A major breakthrough in typology came in 1942 with the emergence of the Myers Briggs Type Indicator
(MBTI). Isabelle Myers and Katherine Briggs based their conceptual
framework on the typology created by Carl Jung. They felt that
differences concern the way people prefer to use their minds,
specifically the way in which people make judgements. Myers and Briggs
identified "perceiving" as the process of becoming aware of things, people, occurrences, and ideas. "Judging"
includes the perceived process of coming to conclusions. Together,
perception and judgement govern much of one's outer behavior.
Joseph
Hill (NP) looked to develop in education the level of precision and
accountability found in medicine and law. He based his work on Gestalt
psychology and research by Kagan and Witkin. Hill developed the concept
of cognitive style mapping and the classification of learners in terms
of sensory preference; Auditory, Visual, or Tactile-Kinesthetic.
In 1928, William Marston in Emotions of Normal People
investigated motor consciousness as the basis of feeling and emotion.
Marston's psychonic theory of consciousness traced the affective
consciousness to mechanistic-type causes; that is, to nerve impulses,
thence to bodily changes and, ultimately, to environmental stimuli.

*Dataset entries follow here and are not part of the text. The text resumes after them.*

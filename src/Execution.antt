-- ===== src/Execution.antt =====
-- crates/execution/src/lib.rs: the order book's records and errors, and the legal transitions of an
-- order.
pub mod Book
pub mod Submit
pub mod Schedule
pub mod Children
pub mod Plan
use insider_trader.Prelude.{ℤ, Bool, true, false, Option, Text}
use insider_trader.Maps.{Map}
use insider_trader.Broker.{OrderState, OrderIntent}

pub data TransitionError : Type 0 where
  unknown_order : TransitionError
  invalid_transition : OrderState → OrderState → TransitionError
  mismatched_order : TransitionError

pub data SubmitError : Type 0 where
  transition : TransitionError → SubmitError
  gateway : Text → SubmitError

pub data CancelError : Type 0 where
  transition : TransitionError → CancelError
  unsupported : CancelError
  gateway : Text → CancelError

pub data ReplaceError : Type 0 where
  transition : TransitionError → ReplaceError
  unsupported : ReplaceError
  gateway : Text → ReplaceError
  invalid_quantity : ReplaceError

pub record OrderRecord : Type 0 where
  pub intent : OrderIntent
  pub broker_order_id : Option Text
  pub filled_quantity_ticks : ℤ

-- `OrderBook`: its one field, the orders by client order id.
abbrev pub OrderBook : Type 0
OrderBook = Map Text OrderRecord

-- The broker's answers to an order that it has, in the states that wait for one.
abbrev pub answered : OrderState → Bool
answered OrderState.acknowledged = true
answered OrderState.partially_filled = true
answered OrderState.filled = true
answered OrderState.rejected = true
answered OrderState.unknown = true
answered _ = false

unfoldable pub legal_transition : OrderState → OrderState → Bool
legal_transition OrderState.risk_approved OrderState.queued = true
legal_transition OrderState.risk_approved OrderState.sending = true
legal_transition OrderState.risk_approved OrderState.cancelled = true
legal_transition OrderState.risk_approved to = answered to
legal_transition OrderState.queued OrderState.sending = true
legal_transition OrderState.queued OrderState.unknown = true
legal_transition OrderState.sending OrderState.sent = true
legal_transition OrderState.sending OrderState.unknown = true
legal_transition OrderState.sent to = answered to
legal_transition OrderState.replace_pending to = answered to
legal_transition OrderState.acknowledged OrderState.partially_filled = true
legal_transition OrderState.acknowledged OrderState.filled = true
legal_transition OrderState.acknowledged OrderState.cancel_pending = true
legal_transition OrderState.acknowledged OrderState.rejected = true
legal_transition OrderState.acknowledged OrderState.unknown = true
legal_transition OrderState.partially_filled OrderState.partially_filled = true
legal_transition OrderState.partially_filled OrderState.filled = true
legal_transition OrderState.partially_filled OrderState.cancel_pending = true
legal_transition OrderState.partially_filled OrderState.unknown = true
legal_transition OrderState.cancel_pending OrderState.cancelled = true
legal_transition OrderState.cancel_pending OrderState.filled = true
legal_transition OrderState.cancel_pending OrderState.unknown = true
legal_transition OrderState.unknown OrderState.acknowledged = true
legal_transition OrderState.unknown OrderState.rejected = true
legal_transition OrderState.unknown OrderState.partially_filled = true
legal_transition OrderState.unknown OrderState.filled = true
legal_transition OrderState.unknown OrderState.cancelled = true
legal_transition _ _ = false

Marston viewed people as having two axis with their actions tending to
be active or passive depending upon the individual's perception of the
environment as either antagonistic or favorable. By placing these axis
at right angles, four quadrants were formed with each circumscribing a
behavior pattern; dominance produces activity in an antagonistic
environment, inducement produces activity in a favorable environment,
steadiness produces passivity in a favorable environment, and compliance
produces passivity in an antagonistic environment. Marston proposed
that learning by inducement and submission is pleasant; learning by
trial and error (compliance and dominance) is painful.
Walter
Clark's Activity Vector Analysis (AVA) was developed as a psychometric
instrument around Marston's theory. John Geier's (1972) Personal Profile: WORK Behavior Characteristic Interpretation,
describes behaviors in terms of how others see you, your behavior under
pressure, and how you see yourself. This theory of dimensional behavior
adheres to the precept that behavior changes can and does take place.
The four-section indicator developed by Geier tests for Dominance (D),
Influence (I), Steadiness (S), and Compliance (C).
Keith
Golay, 1982) described four basic and distinct learning types by the
individual's pattern of learning. Based on the work of David Keirsey and
Marilyn Bates, as well as Isabelle Myers, Golay believes that
personality predisposes the learner to certain ways of thinking,
wanting, liking, and acting. Golay classifies learners as; Actual
Spontaneous, Actual Routine, Conceptual Specific, or Conceptual Global.
David
Keirsey (1984) combined Kretschmer's temperament hypothesis with Jung's
behavior description, and with Nietzsche's and Spitteler's Greek
typology. Keirsey notes themes in the various observations and the
consistent tendency of human behavior. He observed four patterns:
Sensing Perceiver (SP), Sensing Judger (SJ), Intuitive Thinker (NT), and
Intuitive Feeler (NF). These four patterns are temperaments-the way in
which human personality interacts with the environment.